*** Opening of Supplied entries ***

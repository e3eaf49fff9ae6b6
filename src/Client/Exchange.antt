-- ===== src/Client/Exchange.antt =====
-- `client_connect` of common/handlers/client.c and the greeting.
use jm_bus.Common.{ℕ, ◌≡◌, refl, true, some, [], arith, ok, Cmd}
use jm_bus.Client.{Client, is_greeted, client_connect}
use jm_bus.Cstd.{Array, ArrayLib, Plenty}
use jm_bus.Messages.{Message, bufsiz, connection_type}
use jm_bus.Messages.Arrival.{generate_one_frame}
use jm_bus.Messages.Batches.{Frame}
use jm_bus.Messages.Frames.{frame}
use jm_bus.Network.{Network}
use jm_bus.Sockets.{Sockets}

module _ {W : Type 0} (os : Sockets W) (net : Network W) (lib : ArrayLib W)
    (plenty : Plenty lib) where
  -- While memory lasts, `client_connect` is true where the connection is made and the first read
  -- brings a connection frame without topic and body.
  pub client_connect_greeted :
      (gone : Cmd W (Array Message)) (c : Client) (w : W)
      → (net.connect c.socket c.addr w).0 ≡ true
      → (os.recv c.socket bufsiz
          (lib.init {A = ℕ} bufsiz
            (lib.init {A = Message} 2 (net.connect c.socket c.addr w).1).1).1).0
        ≡ some (frame connection_type [] [])
      → (w' : W) × (client_connect os net lib gone c w ≡ ok true w')
  unfolding client_connect is_greeted
  client_connect_greeted gone c w connected received =
      let w₁ = (net.connect c.socket c.addr w).1 in
      let f : Frame = record { type = connection_type; topic = []; body = [] } in
      let (r, w₂, run, (m, out, some_out, items, decoded)) =
        generate_one_frame os lib plenty f c.socket w₁ received (omega arith) in
      (w₂, rw (connected, run, some_out, items, decoded.typed) refl)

*** Close of Supplied entries ***

• [Task statement] Return every line of the material exactly.

• [Worked solution]
repository e3eaf49fff9ae6b6
filename src/Client/Exchange.antt
-- ===== src/Client/Exchange.antt =====
-- `client_connect` of common/handlers/client.c and the greeting.
use jm_bus.Common.{ℕ, ◌≡◌, refl, true, some, [], arith, ok, Cmd}
use jm_bus.Client.{Client, is_greeted, client_connect}
use jm_bus.Cstd.{Array, ArrayLib, Plenty}
use jm_bus.Messages.{Message, bufsiz, connection_type}
use jm_bus.Messages.Arrival.{generate_one_frame}
use jm_bus.Messages.Batches.{Frame}
use jm_bus.Messages.Frames.{frame}
use jm_bus.Network.{Network}
use jm_bus.Sockets.{Sockets}

module _ {W : Type 0} (os : Sockets W) (net : Network W) (lib : ArrayLib W)
    (plenty : Plenty lib) where
  -- While memory lasts, `client_connect` is true where the connection is made and the first read
  -- brings a connection frame without topic and body.
  pub client_connect_greeted :
      (gone : Cmd W (Array Message)) (c : Client) (w : W)
      → (net.connect c.socket c.addr w).0 ≡ true
      → (os.recv c.socket bufsiz
          (lib.init {A = ℕ} bufsiz
            (lib.init {A = Message} 2 (net.connect c.socket c.addr w).1).1).1).0
        ≡ some (frame connection_type [] [])
      → (w' : W) × (client_connect os net lib gone c w ≡ ok true w')
  unfolding client_connect is_greeted
  client_connect_greeted gone c w connected received =
      let w₁ = (net.connect c.socket c.addr w).1 in
      let f : Frame = record { type = connection_type; topic = []; body = [] } in
      let (r, w₂, run, (m, out, some_out, items, decoded)) =
        generate_one_frame os lib plenty f c.socket w₁ received (omega arith) in
      (w₂, rw (connected, run, some_out, items, decoded.typed) refl)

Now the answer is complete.